Jetzt ist meine Frage, was davon brauche ich??


----------



## Jeretxxo (26. Januar 2018)

-Realtek high definition audio driver 
-INF driver 
-Intel Management Engine 
-Intel Lan driver 
-ASMedia SATA3 driver
-Intel Rapid Storage Technology driver and utility

Optional die RGB Steuerung und wenn du noch Diskette nutzt... das Floppy Image.


----------



## amdahl (26. Januar 2018)

Wenns geht nimm gleich die aktuellen Versionen davon die du beim Hersteller deines Boards als Download findest.
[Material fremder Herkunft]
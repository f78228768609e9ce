-- ===== src/Cli/Setup.antt =====
-- What cli/index.js registers when it starts: the options and the commands, and that they fit.
use rainbow_bridge_cli.Base.{String, Option, none, some, List, [], ◌∷◌, ◌++◌, ◌===◌, if◌then◌else◌}
use rainbow_bridge_cli.Base.Io.{Outcome, ok}
use rainbow_bridge_cli.Base.Sync.{◌>>=◌}
use rainbow_bridge_cli.Config.{
  RainbowConfig, Configstore, ChangeCase, CommandOption, declare_option, add_options,
}
use rainbow_bridge_cli.Cli.{OptionCall, Command}
use rainbow_bridge_cli.Cli.Options.{
  bridge_options, token_options, contract_options, service_options,
}
use rainbow_bridge_cli.Cli.Commands.{general_commands, start_commands, stop_commands, dump_commands}
use rainbow_bridge_cli.Cli.Deployments.{init_commands, user_commands}
use rainbow_bridge_cli.Cli.Testing.{transfer_commands, testing_commands, danger_commands}

abbrev pub declarations : (String → String → String) → String → List OptionCall
declarations join dir =
    bridge_options join dir
    ++ token_options join dir
    ++ contract_options join dir
    ++ service_options join dir

abbrev pub commands : List Command
commands =
    general_commands ++ start_commands ++ stop_commands ++ init_commands ++ user_commands
    ++ transfer_commands ++ testing_commands ++ danger_commands ++ dump_commands

module _ {S : Type 0} where
  unfoldable pub declare_all : List OptionCall → RainbowConfig S → RainbowConfig S
  declare_all [] c = c
  declare_all (d ∷ ds) c =
      declare_all ds (declare_option d.name d.description d.default_value d.no_config c)

-- The first declaration of an option.
unfoldable pub find_call : String → List OptionCall → Option OptionCall
find_call name [] = none
find_call name (d ∷ ds) = if d.name === name then some d else find_call name ds

module _ {S : Type 0} (store : Configstore S) (cases : ChangeCase) where
  unfoldable pub add_commands : List Command → RainbowConfig S → Outcome (List (List CommandOption))
  add_commands [] c = ok []
  add_commands (command ∷ rest) c = do
    first ← add_options store cases command.options c
    others ← add_commands rest c
    ok (first ∷ others)

  -- The whole program up to the parsing of the arguments: the options of each command.
  unfoldable pub setup :
      (String → String → String) → String → RainbowConfig S → Outcome (List (List CommandOption))
  setup join dir c = add_commands commands (declare_all (declarations join dir) c)
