-- ===== src/Cli/Declared.antt =====
-- The commands of cli/index.js use declared options only, so that it starts with any configuration.
use rainbow_bridge_cli.Base.{
  String, ◌≡◌, refl, ◌===◌, eq_iff, Bool, true, false, none, some, List, [], ◌∷◌, is_some,
  if◌then◌else◌, Bool-cases, inl, inr, Option-cases, sym, ◌∙◌, ap,
}
use rainbow_bridge_cli.Base.Dict
use rainbow_bridge_cli.Base.Io.{ok}
use rainbow_bridge_cli.Config.{
  Declaration, RainbowConfig, Configstore, ChangeCase, CommandOption, declare_option, or_empty,
  add_options, command_option, maybe_get_param, registered_default,
}
use rainbow_bridge_cli.Cli.{OptionCall, Command}
use rainbow_bridge_cli.Cli.Setup.{
  declarations, commands, declare_all, find_call, add_commands, setup,
}

-- No option is declared twice.
unfoldable pub unique : List OptionCall → Bool
unique [] = true
unique (d ∷ ds) = if is_some (find_call d.name ds) then false else unique ds

unfoldable pub all_declared : List OptionCall → List String → Bool
all_declared ds [] = true
all_declared ds (o ∷ os) = if is_some (find_call o ds) then all_declared ds os else false

unfoldable pub commands_declared : List OptionCall → List Command → Bool
commands_declared ds [] = true
commands_declared ds (c ∷ cs) = if all_declared ds c.options then commands_declared ds cs else false

-- What a call of `declareOption` stores.
abbrev pub declaration : OptionCall → Declaration
declaration d = record {
  description = d.description;
  default_value = or_empty d.default_value;
  no_config = d.no_config;
}

module _ (cases : ChangeCase) (ds : List OptionCall) where
  -- Option for option, what is registered with commander is what is declared.
  pub data Registers : List String → List CommandOption → Type 0 where
    none_left : Registers [] []
    registers :
        {o : String} {os : List String} {r : CommandOption} {rs : List CommandOption}
        (d : OptionCall)
        → find_call o ds ≡ some d
        → r.option ≡ o
        → r.flag ≡ cases.param_case o
        → r.description ≡ d.description
        → Registers os rs
        → Registers (o ∷ os) (r ∷ rs)

  pub data RegistersAll : List Command → List (List CommandOption) → Type 0 where
    no_command : RegistersAll [] []
    command_next :
        {c : Command} {cs : List Command} {rs : List CommandOption}
        {rss : List (List CommandOption)}
        → Registers c.options rs
        → RegistersAll cs rss
        → RegistersAll (c ∷ cs) (rs ∷ rss)

some_is_none : (d : OptionCall) → some d ≡ none → ⊥
some_is_none d h = cc

same_declaration : (e d : OptionCall) → some e ≡ some d → declaration e ≡ declaration d
same_declaration e d h = let q : e ≡ d = cc in ap declaration q

false_is_true : false ≡ true → ⊥
false_is_true h = cc

module _ {S : Type 0} where
  declare_all-unknown :
      (o : String) (ds : List OptionCall) (c : RainbowConfig S)
      → find_call o ds ≡ none
      → Dict.lookup o (declare_all ds c).param_declarations ≡ Dict.lookup o c.param_declarations
  unfolding declare_all find_call declare_option
  declare_all-unknown o [] c h = refl
  declare_all-unknown o (d ∷ ds) c h = elim (Bool-cases (d.name === o)) [
    | inl same ↦ absurd (some_is_none d (rw same at h))
    | inr differ ↦
        declare_all-unknown o ds _ (rw differ at h)
        ∙ (Dict.lookup-insert d.name o (declaration d) c.param_declarations ∙ rw differ refl)
  ]

  declare_all-known :
      (o : String) (d : OptionCall) (ds : List OptionCall) (c : RainbowConfig S)
      → unique ds ≡ true
      → find_call o ds ≡ some d
      → Dict.lookup o (declare_all ds c).param_declarations ≡ some (declaration d)
  unfolding declare_all find_call declare_option unique
  declare_all-known o d [] c u h = absurd (some_is_none d (sym h))
  declare_all-known o d (e ∷ ds) c u h = elim (Option-cases (find_call e.name ds)) [
    | inr (x, found) ↦ absurd (false_is_true (rw found at u))
    | inl fresh ↦ elim (Bool-cases (e.name === o)) [
      | inl same ↦
          let q : find_call o ds ≡ none = rw ((eq_iff e.name o).0 same) at fresh in
          declare_all-unknown o ds _ q
          ∙ (Dict.lookup-insert e.name o (declaration e) c.param_declarations
              ∙ (rw same (ap some (same_declaration e d (rw same at h)))))
      | inr differ ↦ declare_all-known o d ds _ (rw fresh at u) (rw differ at h)
    ]
  ]

  -- What `addOptions` tells commander of a declared option.
  abbrev offered :
      Configstore S → ChangeCase → String → RainbowConfig S → Declaration → CommandOption
  offered store cases option c d = record {
    flag = cases.param_case option;
    placeholder = cases.snake_case option;
    description = d.description;
    option = option;
    default_value = registered_default (maybe_get_param store cases (cases.param_case option) c) d;
  }

  add_options-Registers :
      (store : Configstore S) (cases : ChangeCase) (ds : List OptionCall) (os : List String)
      (c : RainbowConfig S)
      → unique ds ≡ true
      → all_declared ds os ≡ true
      → (rs : List CommandOption) × (add_options store cases os (declare_all ds c) ≡ ok rs)
        × Registers cases ds os rs
  unfolding add_options command_option all_declared
  add_options-Registers store cases ds [] c u h = ([], refl, none_left)
  add_options-Registers store cases ds (o ∷ os) c u h = elim (Option-cases (find_call o ds)) [
    | inl missing ↦ absurd (false_is_true (rw missing at h))
    | inr (d, found) ↦
        let (rs, e, r) = add_options-Registers store cases ds os c u (rw found at h) in
        (
          _ ∷ rs,
          rw (declare_all-known o d ds c u found, e) refl,
          registers {r = offered store cases o (declare_all ds c) (declaration d)} d found refl refl
              refl r,
        )
  ]

  add_commands-RegistersAll :
      (store : Configstore S) (cases : ChangeCase) (ds : List OptionCall) (cs : List Command)
      (c : RainbowConfig S)
      → unique ds ≡ true
      → commands_declared ds cs ≡ true
      → (rss : List (List CommandOption)) × (add_commands store cases cs (declare_all ds c)
          ≡ ok rss)
        × RegistersAll cases ds cs rss
  unfolding add_commands commands_declared
  add_commands-RegistersAll store cases ds [] c u h = ([], refl, no_command)
  add_commands-RegistersAll store cases ds (x ∷ cs) c u h =
      elim (Bool-cases (all_declared ds x.options)) [
        | inr missing ↦ absurd (false_is_true (rw missing at h))
        | inl declared ↦
            let (rs, e, r) = add_options-Registers store cases ds x.options c u declared in
            let (rss, e', r') =
              add_commands-RegistersAll store cases ds cs c u (rw declared at h) in
            (rs ∷ rss, rw (e, e') refl, command_next r r')
      ]

declarations-unique :
    (join : String → String → String) (dir : String) → unique (declarations join dir) ≡ true
unfolding unique find_call
declarations-unique join dir = refl

commands-declared :
    (join : String → String → String) (dir : String)
    → commands_declared (declarations join dir) commands ≡ true
unfolding commands_declared all_declared find_call
commands-declared join dir = refl

-- With every configuration and wherever the tool is installed, every option of every command is
-- declared: the tool registers all of them without an exception, option for option with its flag and
-- the description of its declaration.
pub setup-RegistersAll :
    {S : Type 0} (store : Configstore S) (cases : ChangeCase) (join : String → String → String)
    (dir : String) (c : RainbowConfig S)
    → (rss : List (List CommandOption)) × (setup store cases join dir c ≡ ok rss)
      × RegistersAll cases (declarations join dir) commands rss
unfolding setup
setup-RegistersAll store cases join dir c =
    add_commands-RegistersAll store cases (declarations join dir) commands c
      (declarations-unique join dir) (commands-declared join dir)
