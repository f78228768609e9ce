-- ===== src/Cli/Handlers.antt =====
-- The handlers of the commands of cli/index.js, and the action that `addOptions` installs around them.
use rainbow_bridge_cli.Base.{String, Option, none, some, List, [], ◌∷◌}
use rainbow_bridge_cli.Base.Io.{Io, pure, lift, ◌>>=◌}
use rainbow_bridge_cli.Config.{RainbowConfig, Configstore, ChangeCase, keep_values}
use rainbow_bridge_cli.Cli.{
  Target, deploy_token, Handler, execute, deploy, transfer, plain_call, token_call,
}
use rainbow_bridge_cli.Cli.Args.{
  Args, spread, without, get, named, last, name_of, deployed, bind_address, bind_token,
}

-- `run` is the function that a command calls.
module _ {S : Type 0} (store : Configstore S) (cases : ChangeCase) (capital_case : String → String)
    {E : Type 0} (run : Target → List String → Args → Io E (Option Args)) where
  -- A handler that awaits the function and returns nothing.
  abbrev pub run_only : Target → Args → Io E (Option Args)
  run_only target args = run target [] args >>= λ result. pure none

  -- The handler of a command, with the positional arguments and the options.
  unfoldable pub handle : Handler → List String → Args → RainbowConfig S → Io E (Option Args)
  handle (execute target) values args c = run target values args
  handle deploy values args c =
      run deploy_token [] (spread (named ("tokenName" ∷ "ethTokenAddress" ∷ []) values) args)
      >>= λ info. pure (deployed capital_case values info)
  handle (transfer target) values args c =
      lift (bind_token store cases (name_of (get "tokenName" args)) c (without "tokenName" args))
      >>= run target []
  handle (plain_call names target) values args c =
      run_only target (spread (named names values) args)
  handle (token_call names target) values args c =
      lift (bind_address store cases (last values) c args) >>= λ bound.
      run_only target (spread (named names values) bound)

  abbrev pub keep : RainbowConfig S → Option Args → Io E (RainbowConfig S)
  keep c none = pure c
  keep c (some values) = pure (keep_values store cases values c)

  -- The action that `addOptions` installs: the configuration after the command.
  unfoldable pub action : Handler → List String → Args → RainbowConfig S → Io E (RainbowConfig S)
  action handler values args c = handle handler values args c >>= keep c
Was auf der CD drauf ist kann nur alt sein.


----------



## Cinnayum (26. Januar 2018)

Gut zu wissen, dass ASRock sich seit der Z77-Reihe nicht wesentlich verbessert hat.
Der Button "Nur Treiber" lässt aber den meisten Mist, den man später von Hand deinstallieren muss, weg.

Aus deiner Liste würde ich runterhauen:
Norton
Intel Optane (beide)
APP Shop
RGB LED, wenn nicht benötigt für Kirmes im Rechner
ASRock Tuning Utility (geht mit Intel XTU besser)

Den Grafiktreiber brauchst du nur, wenn du Intel Quick Sync für irgendetwas nutzen willst. Der schadet aber nix.


----------



## shadie (26. Januar 2018)

Einfach von der Herstellerseite downloaden......auf den Treibercd´s ist viel Mist drauf.


----------



## drstoecker (26. Januar 2018)

generell reicht es den lan treiber von der homepage zu installieren wenn überhaubt, den rest sollte das os übernehmen. in einzelfällen wird noch das ein oder andere benötigt aber seit win7 geht fast alles automatisch, gerade wenn das os neu aufgesetzt wird.


----------



## shadie (26. Januar 2018)

Naja der Sound Treiber wäre auch nicht verkehrt.
Vom Chipsatztreiber hat Windows meistens sogar einen aktuelleren als die MB Hersteller.

Grakatreiber zudem eben bei AMD und NV direkt downloaden aber das ist ja logisch.


----------